8. Mr. Rajiv Ranjan, learned senior counsel for the petitioner in reply has submitted that FAQs can never override or supersede a statute. It cannot create a new right or new law which is not originally included in the statute. The FAQs issued by the concerned respondents are ex-facie self-contradictory, mutually inconsistent and legally unsustainable. Far from serving their intended purpose of clarifying the existing statutory provisions, procurement policies or tender conditions, the FAQs have created more ambiguity and interpretive confusion thereby defeating the objective of ensuring transparency and uniformity in the tendering process. Mr.

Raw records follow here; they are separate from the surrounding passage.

-- ===== src/Interp/Chain/Insert.antt =====
-- The insertion of a new upvalue into the list (`captureUpvalue` of src/vm/interp/interp.cc).
use yscript.Prelude.{
  ℕ, suc, ◌≤◌, ◌<◌, ◌≡◌, ◌≢◌, refl, sym, ap, ◌∙◌, List, [], ◌∷◌, ◌++◌, Option, none, some, arith,
  length, length-append, length-set, get_elem?, get_elem?-set_self, get_elem?-set_ne, get_elem?-lt,
  get_elem?-append_left, get_elem?-append_end,
}
use yscript.Value.{Ptr, nil}
use yscript.Memory.{Obj, upvalue, slot, new_upvalue, allocate_object}
use yscript.Interp.{Vm}
use yscript.Interp.Upvalues.{with_next, set_next, insert_upvalue}
use yscript.Interp.Chain.{
  Opens, IsBelow, IsAbove, Chain, link, Chain-frame, last_of, last_at, Chain-insert, first_of,
}

set_next_self :
    (objects : List Obj) (p : Ptr) (next : Option Ptr) {o : Obj}
    → get_elem? objects p ≡ some o
    → get_elem? (set_next objects p next) p ≡ some (with_next next o)
set_next_self objects p next {o = o} e =
    rw (set_next, e) (get_elem?-set_self objects p (with_next next o) (get_elem?-lt objects p e))

set_next_other :
    (objects : List Obj) (p q : Ptr) (next : Option Ptr) {o : Obj}
    → get_elem? objects p ≡ some o
    → p ≢ q
    → get_elem? (set_next objects p next) q ≡ get_elem? objects q
set_next_other objects p q next {o = o} e apart =
    rw (set_next, e) (get_elem?-set_ne objects (with_next next o) apart)

length-set_next :
    (objects : List Obj) (p : Ptr) (next : Option Ptr) {o : Obj}
    → get_elem? objects p ≡ some o
    → length (set_next objects p next) ≡ length objects
length-set_next objects p next {o = o} e =
    rw (set_next, e) (length-set objects p (with_next next o))

-- The objects with the new upvalue.
abbrev opened : List Obj → ℕ → Option Ptr → List Obj
opened objects local next =
    set_next (objects ++ upvalue (slot local) nil none ∷ []) (length objects) next

module _ (objects : List Obj) (local : ℕ) (next : Option Ptr) where
  opened_self :
      get_elem? (opened objects local next) (length objects) ≡ some (upvalue (slot local) nil next)
  opened_self =
      set_next_self (objects ++ upvalue (slot local) nil none ∷ []) (length objects) next
        (get_elem?-append_end objects (upvalue (slot local) nil none))

  opened_other :
      (q : Ptr) → q < length objects → get_elem? (opened objects local next) q ≡ get_elem? objects q
  opened_other q lt =
      set_next_other (objects ++ upvalue (slot local) nil none ∷ []) (length objects) q next
        (get_elem?-append_end objects (upvalue (slot local) nil none)) (λ same. omega arith)
      ∙ get_elem?-append_left objects (upvalue (slot local) nil none) q lt

  length-opened : length (opened objects local next) ≡ suc (length objects)
  length-opened =
      length-set_next (objects ++ upvalue (slot local) nil none ∷ []) (length objects) next
        (get_elem?-append_end objects (upvalue (slot local) nil none))
      ∙ omega (arith, length-append objects (upvalue (slot local) nil none ∷ []))

-- The list of `vm` is `us`: sorted, and not longer than the objects.
pub record HasOpen (vm : Vm) (us : Opens) : Type 0 where
  pub chain : Chain vm.memory.objects vm.open_upvalues us
  pub few : length us ≤ length vm.memory.objects

length-insert :
    (passed rest : Opens) (x : Ptr × ℕ)
    → length (passed ++ x ∷ rest) ≡ suc (length (passed ++ rest))
length-insert [] rest x = refl
length-insert (y ∷ passed) rest x = ap suc (length-insert passed rest x)

-- What the insertion leaves.
pub record Inserted (local : ℕ) (passed rest : Opens) (vm : Vm) (vm' : Vm) : Type 0 where
  pub open_now : HasOpen vm' (passed ++ (length vm.memory.objects, local) ∷ rest)
  pub same_stack : vm'.stack ≡ vm.stack

pub insert_upvalue-first :
    (vm : Vm) (local : ℕ) (rest : Opens)
    → Chain vm.memory.objects (first_of rest) rest
    → length rest ≤ length vm.memory.objects
    → IsBelow local rest
    → (vm' : Vm) × (insert_upvalue local none (first_of rest) vm ≡ (length vm.memory.objects, vm'))
      × Inserted local [] rest vm vm'
unfolding insert_upvalue new_upvalue allocate_object
insert_upvalue-first vm local rest c few below =
    let objects = vm.memory.objects in
    let objects' = opened objects local (first_of rest) in
    (
      record vm {
        memory = record (vm.memory) { objects = objects' };
        open_upvalues = some (length objects);
      },
      refl,
      record {
        open_now = record {
          chain = link (opened_self objects local (first_of rest)) below (
              Chain-frame objects objects' local
                (λ q j v n e lt.
                  opened_other objects local (first_of rest) q (get_elem?-lt objects q e))
                c below);
          few = omega (arith, length-opened objects local (first_of rest));
        };
        same_stack = refl;
      },
    )

module _ (vm : Vm) (local : ℕ) (p : Ptr) (i : ℕ) (passed rest : Opens)
    (c : Chain vm.memory.objects vm.open_upvalues ((p, i) ∷ (passed ++ rest)))
    (cr : Chain vm.memory.objects (first_of rest) rest) (above : IsAbove local ((p, i) ∷ passed))
    (below : IsBelow local rest) where
  abbrev before : List Obj
  before = vm.memory.objects

  abbrev with_new : List Obj
  with_new = opened before local (first_of rest)

  abbrev relinked : List Obj
  relinked = set_next with_new (last_of p passed) (some (length before))

  insert_upvalue-Chain :
      Chain relinked vm.open_upvalues ((p, i) ∷ (passed ++ (length before, local) ∷ rest))
  insert_upvalue-Chain =
      let (k, w, m, e, le, lt) = last_at before p i local passed rest c above in
      let last_lt : last_of p passed < length before = get_elem?-lt before (last_of p passed) e in
      let e' : get_elem? with_new (last_of p passed) ≡ some (upvalue (slot k) w m) =
        opened_other before local (first_of rest) (last_of p passed) last_lt ∙ e in
      let kept : (q : Ptr)
          → q < length before
          → q ≢ last_of p passed
          → get_elem? relinked q ≡ get_elem? before q =
        λ q q_lt apart.
          set_next_other with_new (last_of p passed) q (some (length before)) e'
            (λ same. apart (sym same))
          ∙ opened_other before local (first_of rest) q q_lt in
      Chain-insert before relinked local (length before) rest
        (link
          (set_next_other with_new (last_of p passed) (length before) (some (length before)) e'
              (λ same. omega arith)
            ∙ opened_self before local (first_of rest))
          below
          (Chain-frame before relinked local
            (λ q j v n at_q j_lt. kept q (get_elem?-lt before q at_q) (λ same.
              let both : some (upvalue (slot j) v n) ≡ some (upvalue (slot k) w m) =
                sym at_q ∙ ap (get_elem? before) same ∙ e in
              let slots : j ≡ k = cc both in omega arith))
            cr below))
        p i passed c above (λ q j v n at_q apart. kept q (get_elem?-lt before q at_q) apart)
        (λ j v n at_last.
          set_next_self with_new (last_of p passed) (some (length before))
            (opened_other before local (first_of rest) (last_of p passed) last_lt ∙ at_last))

  length-relinked : length relinked ≡ suc (length before)
  length-relinked =
      let (k, w, m, e, le, lt) = last_at before p i local passed rest c above in
      length-set_next with_new (last_of p passed) (some (length before)) (
        opened_other before local (first_of rest) (last_of p passed)
          (get_elem?-lt before (last_of p passed) e)
        ∙ e)
      ∙ length-opened before local (first_of rest)

  pub insert_upvalue-behind :
      suc (length (passed ++ rest)) ≤ length before
      → (vm' : Vm) × (insert_upvalue local (some (last_of p passed)) (first_of rest) vm
          ≡ (length before, vm'))
        × Inserted local ((p, i) ∷ passed) rest vm vm'
  unfolding insert_upvalue new_upvalue allocate_object
  insert_upvalue-behind few = (
    record vm { memory = record (vm.memory) { objects = relinked } },
    refl,
    record {
      open_now = record {
        chain = insert_upvalue-Chain;
        few = omega (arith, length-relinked, length-insert passed rest (length before, local));
      };
      same_stack = refl;
    },
  )
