-- ===== src/Collector/Effect.antt =====
-- What marking does: the addresses that an object holds, and the effect of marking a list of them.
use mathlib.Core.Logic.{⊎_elim}
use mathlib.Core.List.{Memᴰ}
use mathlib.Core.List.Memᴰ
use yscript.Prelude.{
  ℕ, zero, suc, ◌+◌, ◌<◌, ◌≡◌, ◌⊎◌, inl, inr, refl, ap, ◌∙◌, List, [], ◌∷◌, ◌++◌, Bool, true, false,
  Option, none, some, arith, length, get_elem?, set, take,
}
use yscript.Value.{Ptr, Value, obj, Entry}
use yscript.Memory.{
  Obj, bound_method, class, closure, function, instance_of, native, string, upvalue,
}
use yscript.Collector.{Collector}

-- The addresses that an object holds.
abbrev pub option_refs : Option Ptr → List Ptr
option_refs none = []
option_refs (some p) = p ∷ []

abbrev pub value_refs : Value → List Ptr
value_refs (obj p) = p ∷ []
value_refs _ = []

abbrev pub values_refs : List Value → List Ptr
values_refs [] = []
values_refs (v ∷ rest) = value_refs v ++ values_refs rest

abbrev pub entries_refs : List Entry → List Ptr
entries_refs [] = []
entries_refs (e ∷ rest) = (option_refs e.key ++ value_refs e.value) ++ entries_refs rest

abbrev pub options_refs : List (Option Ptr) → List Ptr
options_refs [] = []
options_refs (o ∷ rest) = option_refs o ++ options_refs rest

abbrev pub refs : Obj → List Ptr
refs (bound_method receiver method) = value_refs receiver ++ method ∷ []
refs (class name methods) = name ∷ entries_refs methods.entries
refs (closure f upvalues) = f ∷ options_refs upvalues
refs (function f) =
    option_refs f.name ++ values_refs (take f.chunk.constants.count f.chunk.constants.values)
refs (instance_of klass fields) = klass ∷ entries_refs fields.entries
refs (native _) = []
refs (string _) = []
refs (upvalue _ closed _) = value_refs closed

abbrev pub IsMarked : Collector → Ptr → Type 0
IsMarked c p = get_elem? c.marks p ≡ some true

-- The objects that are not marked.
unfoldable pub unmarked : List Bool → ℕ
unmarked [] = 0
unmarked (true ∷ marks) = unmarked marks
unmarked (false ∷ marks) = suc (unmarked marks)

-- What marking the addresses `qs` does.
pub record Marks (qs : List Ptr) (c c' : Collector) : Type 0 where
  pub same_vm : c'.vm ≡ c.vm
  pub same_objects : c'.objects ≡ c.objects
  pub same_freed : c'.freed ≡ c.freed
  pub same_length : length c'.marks ≡ length c.marks
  pub kept : (p : Ptr) → IsMarked c p → IsMarked c' p
  pub reached : (p : Ptr) → Memᴰ p qs → p < length c.marks → IsMarked c' p
  pub only : (p : Ptr) → IsMarked c' p → IsMarked c p ⊎ Memᴰ p qs
  pub grays : (p : Ptr) → IsMarked c' p → IsMarked c p ⊎ Memᴰ p c'.gray
  pub gray_kept : (p : Ptr) → Memᴰ p c.gray → Memᴰ p c'.gray
  pub gray_only : (p : Ptr) → Memᴰ p c'.gray → Memᴰ p c.gray ⊎ IsMarked c' p
  pub count : unmarked c'.marks + length c'.gray ≡ unmarked c.marks + length c.gray

pub Marks-none : (c : Collector) → Marks [] c c
Marks-none c = record {
  same_vm = refl;
  same_objects = refl;
  same_freed = refl;
  same_length = refl;
  kept = λ p m. m;
  reached = λ p m h. absurd (Memᴰ.not-nil m);
  only = λ p m. inl m;
  grays = λ p m. inl m;
  gray_kept = λ p m. m;
  gray_only = λ p m. inl m;
  count = refl;
}

pub Marks-append :
    {qs rs : List Ptr} {c c₁ c₂ : Collector}
    → Marks qs c c₁
    → Marks rs c₁ c₂
    → Marks (qs ++ rs) c c₂
Marks-append {qs = qs} a b = record {
  same_vm = b.same_vm ∙ a.same_vm;
  same_objects = b.same_objects ∙ a.same_objects;
  same_freed = b.same_freed ∙ a.same_freed;
  same_length = b.same_length ∙ a.same_length;
  kept = λ p m. b.kept p (a.kept p m);
  reached = λ p m h.
      ⊎_elim (λ l. b.kept p (a.reached p l h)) (λ r. b.reached p r (omega (arith, a.same_length)))
        (Memᴰ.append_cases qs m);
  only = λ p m.
      ⊎_elim (λ l. ⊎_elim inl (λ q. inr (Memᴰ.append_left _ q)) (a.only p l))
        (λ r. inr (Memᴰ.append_right qs r)) (b.only p m);
  grays =
      λ p m. ⊎_elim (λ l. ⊎_elim inl (λ q. inr (b.gray_kept p q)) (a.grays p l)) inr (b.grays p m);
  gray_kept = λ p m. b.gray_kept p (a.gray_kept p m);
  gray_only = λ p m.
      ⊎_elim (λ l. ⊎_elim inl (λ q. inr (b.kept p q)) (a.gray_only p l)) inr (b.gray_only p m);
  count = b.count ∙ a.count;
}

pub unmarked-set :
    (marks : List Bool) (p : Ptr)
    → get_elem? marks p ≡ some false
    → suc (unmarked (set marks p true)) ≡ unmarked marks
unfolding unmarked
unmarked-set [] p h = cc h
unmarked-set (true ∷ marks) zero h = cc h
unmarked-set (false ∷ marks) zero h = refl
unmarked-set (true ∷ marks) (suc p) h = unmarked-set marks p h
unmarked-set (false ∷ marks) (suc p) h = ap suc (unmarked-set marks p h)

Rajiv Ranjan, learned senior counsel has highlighted the discrepancy in Question No. 8 and Question No. 21 of the FAQ dated 25-03-2022 as though Question No. 8 unequivocally states that up to 25% of the total work can be awarded to a Micro or Small Enterprise under the applicable policy, the answer to Question No. 21 appears to permit award of the entire work to an MSME provided it meets all the qualifying criteria. It has been submitted that there exists no dichotomy between "splitable" and "non-splitable" contracts either in the governing procurement policy for MSMEs or in the clarification to Question No. 8. The introduction of such a distinction, implicitly or otherwise through the FAQs is unsupported by any policy framework and appears to have an artificial construct not borne out of any statutory or policy-based classification. The principles of legitimate expectation is flouted every time an MSME is awarded the entire contract if it chooses to match the L-1 price. So far as Clause 6 of the notification is concerned, it does not use the word "splitable" or "non-splitable"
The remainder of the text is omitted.